**ABOUT THIS TASK:** Give the lines below again exactly, starting with the line that holds "supported : Status" and going on through the line that holds "removed_without_introduced : Misconfigured".

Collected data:
== == ==

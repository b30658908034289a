-- ===== src/Version/Registry.antt =====
-- internal/version/registry.go: the registry of features and the version range of each. A panic is
-- the value `none` of an option, or for the constructor the reason it names.
pub mod Ranges
pub mod WellFormed
use sql_ai_tools.Prelude.{
  ℕ, Bool, true, false, List, [], ◌∷◌, Option, none, some, ◌>>=◌, Bytes, codes, ltb, ◌==◌,
  if◌then◌else◌, not, ◌&&◌, ◌||◌,
}
use sql_ai_tools.Prelude.Int.{ℤ, pos, negsuc}
use sql_ai_tools.Text.{bytes_eq, trim_prefix, split}
use sql_ai_tools.Text.Decimal.{parse_uint32}

pub record Feature : Type 0 where
  pub tag : Bytes
  pub name : Bytes
  pub introduced : Bytes
  pub removed : Bytes
  pub doc_url : Bytes

-- `Feature{}`.
abbrev pub zero_feature : Feature
zero_feature = record { tag = []; name = []; introduced = []; removed = []; doc_url = [] }

pub data Status : Type 0 where
  unknown : Status
  supported : Status
  not_yet_introduced : Status
  removed_since : Status

-- The panics of `NewRegistry`.
pub data Misconfigured : Type 0 where
  empty_tag : Misconfigured
  empty_name : Misconfigured
  duplicate_tag : Misconfigured
  invalid_introduced : Misconfigured
  removed_without_introduced : Misconfigured
  invalid_removed : Misconfigured
  removed_not_after : Misconfigured

-- The map by tag, the entry added last in front.
abbrev pub Registry : Type 0
Registry = List Feature

pub data Built : Type 0 where
  panicked : Misconfigured → Built
  built : Registry → Built

-- `s == ""`.
unfoldable pub is_empty : Bytes → Bool
is_empty [] = true
is_empty (c ∷ s) = false

unfoldable pub major_minor_of : List Bytes → Option (ℕ × ℕ)
major_minor_of (major_str ∷ minor_str ∷ rest) = do
  major ← parse_uint32 major_str
  minor ← parse_uint32 minor_str
  some (major, minor)
major_minor_of _ = none

-- `parseMajorMinor`.
unfoldable pub parse_major_minor : Bytes → Option (ℕ × ℕ)
unfolding major_minor_of
parse_major_minor v = major_minor_of (split b'.' (trim_prefix v (codes "v")))

-- The `switch` of `compareMajorMinor`.
unfoldable pub compare_parsed : ℕ × ℕ → ℕ × ℕ → ℤ
compare_parsed av bv =
    if not (av.0 == bv.0)
    then (if ltb av.0 bv.0 then negsuc 0 else pos 1)
    else if not (av.1 == bv.1)
    then (if ltb av.1 bv.1 then negsuc 0 else pos 1)
    else pos 0

-- `compareMajorMinor`: none where it panics.
unfoldable pub compare_major_minor : Bytes → Bytes → Option ℤ
unfolding compare_parsed
compare_major_minor a b = do
  av ← parse_major_minor a
  bv ← parse_major_minor b
  some (compare_parsed av bv)

-- `c < 0` and `c <= 0`.
unfoldable pub is_negative : ℤ → Bool
is_negative (pos n) = false
is_negative (negsuc n) = true

unfoldable pub is_positive : ℤ → Bool
is_positive (pos n) = ltb 0 n
is_positive (negsuc n) = false

-- `Registry.Lookup`.
unfoldable pub lookup : Registry → Bytes → Option Feature
unfolding bytes_eq
lookup [] tag = none
lookup (f ∷ fs) tag = let rest = lookup fs tag in if bytes_eq f.tag tag then some f else rest

is_registered : Option Feature → Bool
is_registered none = false
is_registered (some f) = true

is_version : Option (ℕ × ℕ) → Bool
is_version none = false
is_version (some v) = true

-- `compareMajorMinor(f.Removed, f.Introduced) <= 0`, which is reached with two versions only.
is_after : Option ℤ → Bool
unfolding is_positive
is_after none = false
is_after (some c) = is_positive c

-- The body of `NewRegistry`'s loop: the panic it ends in, if any.
unfoldable pub misconfigured : Registry → Feature → Option Misconfigured
unfolding is_empty is_registered is_version is_after
misconfigured by_tag f =
    if is_empty f.tag
    then some empty_tag
    else if is_empty f.name
    then some empty_name
    else if is_registered (lookup by_tag f.tag)
    then some duplicate_tag
    else if not (is_empty f.introduced) && not (is_version (parse_major_minor f.introduced))
    then some invalid_introduced
    else if is_empty f.removed
    then none
    else if is_empty f.introduced
    then some removed_without_introduced
    else if not (is_version (parse_major_minor f.removed))
    then some invalid_removed
    else if not (is_after (compare_major_minor f.removed f.introduced))
    then some removed_not_after
    else none

unfoldable pub add_features : Registry → List Feature → Built
unfolding misconfigured
add_features by_tag [] = built by_tag
add_features by_tag (f ∷ fs) = added (misconfigured by_tag f) (add_features (f ∷ by_tag) fs)
  where
    added : Option Misconfigured → Built → Built
    added (some p) rest = panicked p
    added none rest = rest

-- `NewRegistry`.
unfoldable pub new_registry : List Feature → Built
unfolding add_features
new_registry features = add_features [] features

-- `f.Introduced != "" && compareMajorMinor(target, f.Introduced) < 0`.
unfoldable pub predates : Bytes → Feature → Option Bool
unfolding is_empty is_negative
predates target f =
    if is_empty f.introduced
    then some false
    else (compare_major_minor target f.introduced >>= λ c. some (is_negative c))

-- `f.Removed != "" && compareMajorMinor(target, f.Removed) >= 0`.
unfoldable pub outlives : Bytes → Feature → Option Bool
unfolding is_empty is_negative
outlives target f =
    if is_empty f.removed
    then some false
    else (compare_major_minor target f.removed >>= λ c. some (not (is_negative c)))

-- The returns of `Supports` for a registered feature and a readable target.
unfoldable pub status_of : Bytes → Feature → Option Status
unfolding predates outlives
status_of target f = do
  early ← predates target f
  if early
      then some not_yet_introduced
      else (outlives target f >>= λ late. some (if late then removed_since else supported))

unfoldable pub supports_feature :
    Bytes → Option Feature → Option (ℕ × ℕ) → Option (Status × Feature)
unfolding status_of
supports_feature target none v = some (unknown, zero_feature)
supports_feature target (some f) none = some (unknown, zero_feature)
supports_feature target (some f) (some v) = do status ← status_of target f; some (status, f)

-- `Registry.Supports`: none where it panics.
unfoldable pub supports : Registry → Bytes → Bytes → Option (Status × Feature)
unfolding supports_feature lookup
supports r target tag = supports_feature target (lookup r tag) (parse_major_minor target)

== == ==

**COMPLETED TASK:**
  supported : Status
  not_yet_introduced : Status
  removed_since : Status

-- The panics of `NewRegistry`.
pub data Misconfigured : Type 0 where
  empty_tag : Misconfigured
  empty_name : Misconfigured
  duplicate_tag : Misconfigured
  invalid_introduced : Misconfigured
  removed_without_introduced : Misconfigured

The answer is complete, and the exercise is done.